A needs assessment at the beginning of the 2024-25 academic year was completed to assess the need for triage education. Then, curriculum design, goals & objectives, educational strategies, and implementation of the half day were discussed with leaders in medical education, admission hub physicians, and hospital medicine. Pediatric residents of all training levels were divided into 5 cohorts of 10-15 participants, which rotated through a scheduled half day. The academic half day consisted of didactic content regarding the pre-admission process at our institution and sharing a templated triage form to organize and synthesize admission data. The lecture also included group discussions, simulated admission calls, and peer/faculty feedback. Pre- and post-surveys measured the effectiveness of the lecture at achieving our specific objectives with a 5-point scaled response (chart 1). Average pre- and post- scores were compared. Additional analysis was completed grouping ranked scores of 4s/5s as “favorable” and 1s/2s responses as “unfavorable”.
A needs assessment revealed that 71% of current residents did not feel comfortable taking admission triage calls independently (figure 1). Most residents identified lack of experience and lack of understanding of the admission process as main drivers of this discomfort.
After completing the academic half day, all cohorts demonstrated a significant improvement in confidence to independently triage an admit phone call, understanding of the admission process at our facility, and obtaining critical information in a structured way with a confidence interval of 95% (figure 2). When dividing results into favorable and unfavorable, there was a significant increase in favorable responses and a decrease in unfavorable responses among all participants (figure 3). There was no trend in pre-survey results that would suggest these results are due to natural accumulation of triage experience during the academic year alone. Additionally, all residents reported that they found the information useful, and 93% found the information very useful.
Dedicated didactic content and simulation sessions are a valuable use of resident time and resulted in improved confidence and understanding of the admission triage structure for pediatric residents.
Included in
Higher Education and Teaching Commons, Medical Education Commons, Pediatrics Commons, Science and Mathematics Education Commons
Academic Half Days Dedicated to Phone Triage Improves Resident Confidence to Independently Triage Calls
We aim to improve Children’s Mercy residents’ confidence and competence to independently triage admission phone calls, and to help residents develop a system to obtain information during a transport phone call through dedicated academic half days.
A needs assessment at the beginning of the 2024-25 academic year was completed to assess the need for triage education. Then, curriculum design, goals & objectives, educational strategies, and implementation of the half day were discussed with leaders in medical education, admission hub physicians, and hospital medicine.
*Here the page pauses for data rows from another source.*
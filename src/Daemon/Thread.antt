-- ===== src/Daemon/Thread.antt =====
-- What the thread that serves the coordinator does to the disk.
use action_learning_p2p_vers.Prelude.{
  ℕ, zero, suc, ◌≡◌, refl, ◌∙◌, Bool, true, false, Option, none, some, if◌then◌else◌,
}
use action_learning_p2p_vers.Prelude.Text.{Text}
use action_learning_p2p_vers.Disk.Io.{Disk}
use action_learning_p2p_vers.Disk.Frame.{file_at}
use action_learning_p2p_vers.Ipc.Interface.{IpcClient}
use action_learning_p2p_vers.Daemon.Requests.{Json, handle_raw, after_parse}
use action_learning_p2p_vers.Daemon.Serve.{Spares, handle_ipc_message-others}
use action_learning_p2p_vers.Daemon.Main.{
  Control, if_down, unless_down, Next, again, leaves, Thread, after_receive, after_test,
  receive_round, follow, receive_loop, after_connect, serve_round, ipc_thread,
}

-- What comes in holds no message that asks this repository to delete `q`: `Quiet` says so of the state
-- of the system, which no call of the threads makes otherwise, and of a message that `receive` returns
-- in such a state it is known.
pub record IsQuiet (j : Json) {World : Type 0} (client : IpcClient World) (control : Control World)
    (my_repo_id watch_path q : Text) : Type 1 where
  pub Quiet : World → Type 0
  pub Quiet-receive : (c : client.State) (w : World) → Quiet w → Quiet (client.receive c w).2
  pub Spares-receive :
      (c : client.State) (w : World) (raw : Text) (msg : j.Value)
      → Quiet w
      → (client.receive c w).0 ≡ some raw
      → j.parse raw ≡ some msg
      → Spares j my_repo_id watch_path q msg
  pub Quiet-connect :
      (c : client.State) (path : Text) (w : World) → Quiet w → Quiet (client.connect c path w).2
  pub Quiet-shut_down : (w : World) → Quiet w → Quiet (control.shut_down w).1
  pub Quiet-set_shut_down : (w : World) → Quiet w → Quiet (control.set_shut_down w)
  pub Quiet-sleep : (ms : ℕ) (w : World) → Quiet w → Quiet (control.sleep ms w)

module _ (j : Json) {World : Type 0} (client : IpcClient World) (control : Control World)
    (my_repo_id watch_path ipc_socket q : Text)
    (calm : IsQuiet j client control my_repo_id watch_path q) (d0 : Disk) where
  open calm use {Quiet, Quiet-receive, Spares-receive, Quiet-connect, Quiet-shut_down, Quiet-sleep}

  abbrev State : Type 0
  State = client.State

  abbrev Here : Type 0
  Here = Thread j client control my_repo_id watch_path ipc_socket

  -- The file at `q` is as it was, and nothing has come that asks to delete it.
  abbrev Same : Disk → Type 0
  Same d = file_at q d ≡ file_at q d0

  abbrev Fine : Here → Type 0
  Fine (c, d, w) = Same d × Quiet w

  abbrev After : Next Here → Type 0
  After (again s) = Fine s
  After (leaves s) = Fine s

  after_parse-Same :
      (o : Option j.Value) (d : Disk)
      → ((msg : j.Value) → o ≡ some msg → Spares j my_repo_id watch_path q msg)
      → Same d
      → Same (after_parse j my_repo_id watch_path o d).1
  unfolding after_parse
  after_parse-Same none d spares h = h
  after_parse-Same (some msg) d spares h =
      handle_ipc_message-others j my_repo_id watch_path q msg d (spares msg refl) ∙ h

  handle_raw-Same :
      (raw : Text) (d : Disk)
      → ((msg : j.Value) → j.parse raw ≡ some msg → Spares j my_repo_id watch_path q msg)
      → Same d
      → Same (handle_raw j raw my_repo_id watch_path d).1
  unfolding handle_raw
  handle_raw-Same raw d spares h = after_parse-Same (j.parse raw) d spares h

  if_down-After :
      (d : Disk) (c : State) (w : World) (r : Bool × World)
      → Same d
      → Quiet r.1
      → After (if_down j client control my_repo_id watch_path ipc_socket (c, d, w) r)
  if_down-After d c w (true, w') h quiet = (h, quiet)
  if_down-After d c w (false, w') h quiet = (h, Quiet-sleep 100 w' quiet)

  after_receive-After :
      (d : Disk) (r : Option Text × State × World)
      → ((raw : Text) (msg : j.Value)
          → r.0 ≡ some raw
          → j.parse raw ≡ some msg
          → Spares j my_repo_id watch_path q msg)
      → Same d
      → Quiet r.2
      → After (after_receive j client control my_repo_id watch_path ipc_socket d r)
  unfolding after_receive
  after_receive-After d (none, c, w) spares h quiet =
      if_down-After d c w (control.shut_down w) h (Quiet-shut_down w quiet)
  after_receive-After d (some raw, c, w) spares h quiet =
      (handle_raw-Same raw d (λ msg. spares raw msg refl) h, quiet)

  after_test-After :
      (c : State) (d : Disk) (w : World) (r : Bool × World)
      → Same d
      → Quiet r.1
      → After (after_test j client control my_repo_id watch_path ipc_socket (c, d, w) r)
  unfolding after_test
  after_test-After c d w (true, w') h quiet = (h, quiet)
  after_test-After c d w (false, w') h quiet =
      after_receive-After d (client.receive c w') (λ raw msg. Spares-receive c w' raw msg quiet) h
        (Quiet-receive c w' quiet)

  After-if : (b : Bool) (x y : Next Here) → After x → After y → After (if b then x else y)
  After-if true x y hx hy = hx
  After-if false x y hx hy = hy

  Fine-if : (b : Bool) (x y : Here) → Fine x → Fine y → Fine (if b then x else y)
  Fine-if true x y hx hy = hx
  Fine-if false x y hx hy = hy

  follow-Fine :
      (more : Here → Here) (n : Next Here)
      → ((s : Here) → Fine s → Fine (more s))
      → After n
      → Fine (follow j client control my_repo_id watch_path ipc_socket more n)
  unfolding follow
  follow-Fine more (again s) keep h = keep s h
  follow-Fine more (leaves s) keep h = h

  receive_loop-Fine :
      (rounds : ℕ) (s : Here)
      → Fine s
      → Fine (receive_loop j client control my_repo_id watch_path ipc_socket rounds s)
  unfolding receive_loop receive_round
  receive_loop-Fine zero s h = h
  receive_loop-Fine (suc rounds) (c, d, w) (h, quiet) = follow-Fine _ _ (receive_loop-Fine rounds) (
      After-if (client.is_connected c) _ (leaves (c, d, w))
        (after_test-After c d w (control.shut_down w) h (Quiet-shut_down w quiet)) (h, quiet))

  after_connect-Fine :
      (rounds : ℕ) (d : Disk) (r : Bool × State × World)
      → Same d
      → Quiet r.2
      → Fine (after_connect j client control my_repo_id watch_path ipc_socket rounds d r)
  unfolding after_connect
  after_connect-Fine rounds d (false, c, w) h quiet = (h, Quiet-sleep 2000 w quiet)
  after_connect-Fine rounds d (true, c, w) h quiet = receive_loop-Fine rounds (c, d, w) (h, quiet)

  serve_round-Fine :
      (rounds : ℕ) (s : Here)
      → Fine s
      → Fine (serve_round j client control my_repo_id watch_path ipc_socket rounds s)
  unfolding serve_round
  serve_round-Fine rounds (c, d, w) (h, quiet) =
      Fine-if (client.is_connected c) _ _ (receive_loop-Fine rounds (c, d, w) (h, quiet)) (
        after_connect-Fine rounds d (client.connect c ipc_socket w) h
          (Quiet-connect c ipc_socket w quiet))

  unless_down-Fine :
      (more : Here → Here) (c : State) (d : Disk) (w : World) (r : Bool × World)
      → ((s : Here) → Fine s → Fine (more s))
      → Same d
      → Quiet r.1
      → Fine (unless_down j client control my_repo_id watch_path ipc_socket more (c, d, w) r)
  unless_down-Fine more c d w (true, w') keep h quiet = (h, quiet)
  unless_down-Fine more c d w (false, w') keep h quiet = keep (c, d, w') (h, quiet)

  thread_Fine :
      (n rounds : ℕ) (s : Here)
      → Fine s
      → Fine (ipc_thread j client control my_repo_id watch_path ipc_socket n rounds s)
  unfolding ipc_thread
  thread_Fine zero rounds s h = h
  thread_Fine (suc n) rounds (c, d, w) (h, quiet) =
      let round : Here → Here =
        serve_round j client control my_repo_id watch_path ipc_socket rounds in
      unless_down-Fine
        (λ s. ipc_thread j client control my_repo_id watch_path ipc_socket n rounds (round s)) c d w
        (control.shut_down w)
        (λ s fine. thread_Fine n rounds (round s) (serve_round-Fine rounds s fine)) h
        (Quiet-shut_down w quiet)

-- The thread that serves the coordinator, over either client, for as many rounds as it runs, whatever
-- messages come and whatever calls fail or time out, leaves the regular file at a path as it is, where
-- no message that it receives asks this repository to delete it.
pub ipc_thread-others :
    {World : Type 0} (j : Json) (client : IpcClient World) (control : Control World)
    (my_repo_id watch_path ipc_socket q : Text)
    (calm : IsQuiet j client control my_repo_id watch_path q) (n rounds : ℕ) (c : client.State)
    (d : Disk) (w : World)
    → calm.Quiet w
    → file_at q (ipc_thread j client control my_repo_id watch_path ipc_socket n rounds (c, d, w)).1
      ≡ file_at q d
ipc_thread-others j client control my_repo_id watch_path ipc_socket q calm n rounds c d w quiet =
    (thread_Fine j client control my_repo_id watch_path ipc_socket q calm d n rounds (c, d, w)
      (refl, quiet)).0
Pediatric residents of all training levels were divided into 5 cohorts of 10-15 participants, which rotated through a scheduled half day. The academic half day consisted of didactic content regarding the pre-admission process at our institution and sharing a templated triage form to organize and synthesize admission data. The lecture also included group discussions, simulated admission calls, and peer/faculty feedback. Pre- and post-surveys measured the effectiveness of the lecture at achieving our specific objectives with a 5-point scaled response (chart 1). Average pre- and post- scores were compared. Additional analysis was completed grouping ranked scores of 4s/5s as “favorable” and 1s/2s responses as “unfavorable”.
A needs assessment revealed that 71% of current residents did not feel comfortable taking admission triage calls independently (figure 1). Most residents identified lack of experience and lack of understanding of the admission process as main drivers of this discomfort.
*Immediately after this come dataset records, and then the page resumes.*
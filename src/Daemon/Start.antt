-- ===== src/Daemon/Start.antt =====
-- `main` from its arguments to its result.
use action_learning_p2p_vers.Prelude.{
  ℕ, zero, suc, true, false, if◌then◌else◌, ◌≡◌, refl, ◌∙◌, Bool, List, [], ◌∷◌, ◌++◌, Option, none,
  some,
}
use action_learning_p2p_vers.Prelude.Text.{Text, codes}
use action_learning_p2p_vers.Disk.Io.{Disk, Result, ok, threw}
use action_learning_p2p_vers.Disk.Ops.{exists, is_directory}
use action_learning_p2p_vers.Disk.Keeps.{
  Keeps, Keeps-bind, Keeps-if, Keeps-exists, Keeps-is_directory,
}
use action_learning_p2p_vers.Ipc.Interface.{IpcClient, Target, win32, posix}
use action_learning_p2p_vers.Daemon.Options.{Options, read_options, check_directory, start_options}
use action_learning_p2p_vers.Daemon.Requests.{Json}
use action_learning_p2p_vers.Disk.Frame.{file_at}
use action_learning_p2p_vers.Daemon.Thread.{IsQuiet, ipc_thread-others}
use action_learning_p2p_vers.Daemon.Main.{Control, ipc_thread, wait_loop, main_end}

abbrev newline : Text
newline = 10 ∷ []

-- `print_usage`
unfoldable pub usage : Text → Text
usage program_name =
    codes "Usage: "
    ++ program_name
    ++ codes " <repo_id> <watch_path> [ipc_socket_path] [--poll-interval <ms>]"
    ++ newline
    ++ codes "Example: "
    ++ program_name
    ++ codes " project-alpha /path/to/watch /tmp/p2p_sync.sock --poll-interval 500"
    ++ newline

pub data Signal : Type 0 where
  sigint sigterm sigpipe : Signal

-- What a signal does: it runs `signal_handler`, or nothing, or what the system does by itself.
pub data Disposition : Type 0 where
  handled ignored by_default : Disposition

-- The calls of `std::signal`.
unfoldable pub disposition : Target → Signal → Disposition
disposition target sigint = handled
disposition target sigterm = handled
disposition posix sigpipe = ignored
disposition win32 sigpipe = by_default

-- How the process ends: with a result, or by an exception that nobody catches.
pub data Exit (S : Type 0) : Type 0 where
  exits : ℕ → S → Exit S
  terminates : S → Exit S

module _ (j : Json) {World : Type 0} (client : IpcClient World) (control : Control World)
    (start : Options → World → Bool × World) (stop : Options → World → World)
    (waits turns rounds : ℕ) where
  -- What the process has in its hands where it ends.
  abbrev pub Process : Type 0
  Process = client.State × Disk × World

  -- From `create` on. The thread that serves the coordinator is taken to run where it is joined;
  -- `start` and `stop` are those of the watcher that `createWatcher` makes of the options.
  unfoldable pub run_daemon : Options → Disk → World → ℕ × Process
  unfolding ipc_thread main_end
  run_daemon o d w =
      main_end j client control o.repo_id o.watch_path o.ipc_socket waits (start o) (stop o)
        (λ w'.
          ipc_thread j client control o.repo_id o.watch_path o.ipc_socket turns rounds
            (client.initial, d, w'))
        w

  abbrev with_result : ℕ × Process → Exit Process
  with_result (result, p) = exits result p

  unfoldable pub after_options : World → Result (Option Options) × Disk → Exit Process
  unfolding run_daemon
  after_options w (threw, d) = terminates (client.initial, d, w)
  after_options w (ok none, d) = exits 1 (client.initial, d, w)
  after_options w (ok (some o), d) = with_result (run_daemon o d w)

  -- `main`; the first argument is the environment variable IPC_SOCKET.
  unfoldable pub main : Option Text → List Text → Disk → World → Exit Process
  unfolding after_options start_options
  main env args d w = after_options w (start_options env args d)

abbrev pub disk_of : {S W : Type 0} → Exit (S × Disk × W) → Disk
disk_of (exits k (c, d, w)) = d
disk_of (terminates (c, d, w)) = d

module _ (j : Json) {World : Type 0} (client : IpcClient World) (control : Control World)
    (start : Options → World → Bool × World) (stop : Options → World → World) (q : Text) where
  -- No message that comes in asks this repository to delete `q`, and the watcher does not change that.
  pub record IsSpared (o : Options) (w : World) : Type 1 where
    pub calm : IsQuiet j client control o.repo_id o.watch_path q
    pub Quiet-start : (w : World) → calm.Quiet w → calm.Quiet (start o w).1
    pub Quiet-stop : (w : World) → calm.Quiet w → calm.Quiet (stop o w)
    pub Quiet-here : calm.Quiet w

  module _ (waits turns rounds : ℕ) where
    wait_loop-Quiet :
        (o : Options) (calm : IsQuiet j client control o.repo_id o.watch_path q) (n : ℕ) (w : World)
        → calm.Quiet w
        → calm.Quiet (wait_loop j client control o.repo_id o.watch_path o.ipc_socket n w)
    unfolding wait_loop
    wait_loop-Quiet o calm zero w quiet = quiet
    wait_loop-Quiet o calm (suc n) w quiet =
        let (down, w') = control.shut_down w in
        let quiet' = calm.Quiet-shut_down w quiet in
        Quiet-if down w' _ quiet'
          (wait_loop-Quiet o calm n (control.sleep 200 w') (calm.Quiet-sleep 200 w' quiet'))
      where
        Quiet-if :
            (b : Bool) (x y : World) → calm.Quiet x → calm.Quiet y → calm.Quiet (if b then x else y)
        Quiet-if true x y hx hy = hx
        Quiet-if false x y hx hy = hy

    run_daemon-others :
        (o : Options) (d : Disk) (w : World)
        → IsSpared o w
        → file_at q (run_daemon j client control start stop waits turns rounds o d w).1.1
          ≡ file_at q d
    unfolding run_daemon main_end
    run_daemon-others o d w spared =
        ipc_thread-others j client control o.repo_id o.watch_path o.ipc_socket q spared.calm turns
          rounds client.initial d _
          (spared.Quiet-stop _ (
            wait_loop-Quiet o spared.calm waits _
              (started (start o w) (spared.Quiet-start w spared.Quiet-here))))
      where
        started :
            (r : Bool × World)
            → spared.calm.Quiet r.1
            → spared.calm.Quiet (if r.0 then r.1 else control.set_shut_down r.1)
        started (true, w1) quiet = quiet
        started (false, w1) quiet = spared.calm.Quiet-set_shut_down w1 quiet

    after_options-others :
        (d : Disk) (w : World) (r : Result (Option Options) × Disk)
        → ((o : Options) → r.0 ≡ ok (some o) → IsSpared o w)
        → file_at q r.1 ≡ file_at q d
        → file_at q (disk_of (after_options j client control start stop waits turns rounds w r))
          ≡ file_at q d
    unfolding after_options
    after_options-others d w (threw, d1) spared same = same
    after_options-others d w (ok none, d1) spared same = same
    after_options-others d w (ok (some o), d1) spared same =
        run_daemon-others o d1 w (spared o refl) ∙ same

check_directory-Keeps : (q : Text) (r : Option Options) → Keeps q (check_directory r)
unfolding check_directory
check_directory-Keeps q none = λ d. refl
check_directory-Keeps q (some o) =
    Keeps-bind q (exists o.watch_path) _ (Keeps-exists q o.watch_path) λ there.
      Keeps-if q there _ _
        (Keeps-bind q (is_directory o.watch_path) _ (Keeps-is_directory q o.watch_path)
          (λ folder d. refl))
        (λ d. refl)

-- From its arguments to its end, whatever the arguments are, over either client and whatever watcher,
-- and whatever messages come and whatever calls fail: `main` leaves the regular file at a path as it
-- is, where no message that it receives asks the repository of the arguments to delete it. This is of
-- the threads of `main` itself, not of the transfers that a message starts.
pub main-others :
    {World : Type 0} (j : Json) (client : IpcClient World) (control : Control World)
    (start : Options → World → Bool × World) (stop : Options → World → World)
    (waits turns rounds : ℕ) (q : Text) (env : Option Text) (args : List Text) (d : Disk)
    (w : World)
    → ((o : Options)
        → (start_options env args d).0 ≡ ok (some o)
        → IsSpared j client control start stop q o w)
    → file_at q (disk_of (main j client control start stop waits turns rounds env args d w))
      ≡ file_at q d
unfolding main start_options
main-others j client control start stop waits turns rounds q env args d w spared =
    after_options-others j client control start stop q waits turns rounds d w
      (start_options env args d) spared (check_directory-Keeps q (read_options env args) d)
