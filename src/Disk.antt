-- ===== src/Disk.antt =====
-- The file system as src/backend/cpp/src/file_transfer.cpp and main.cpp use it, through
-- std::filesystem and the file streams: a map from path to node, and a schedule of faults.
-- Paths are compared as texts: `..`, symbolic links and doubled slashes are not resolved.
pub mod Paths
pub mod Nodes
pub mod Io
pub mod Ops
pub mod Frame
pub mod Effects
pub mod Streams
pub mod Calm
pub mod Keeps
pub mod Runs
pub mod Directories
After completing the academic half day, all cohorts demonstrated a significant improvement in confidence to independently triage an admit phone call, understanding of the admission process at our facility, and obtaining critical information in a structured way with a confidence interval of 95% (figure 2). When dividing results into favorable and unfavorable, there was a significant increase in favorable responses and a decrease in unfavorable responses among all participants (figure 3). There was no trend in pre-survey results that would suggest these results are due to natural accumulation of triage experience during the academic year alone. Additionally, all residents reported that they found the information useful, and 93% found the information very useful.
Dedicated didactic content and simulation sessions are a valuable use of resident time and resulted in improved confidence and understanding of the admission triage structure for pediatric residents.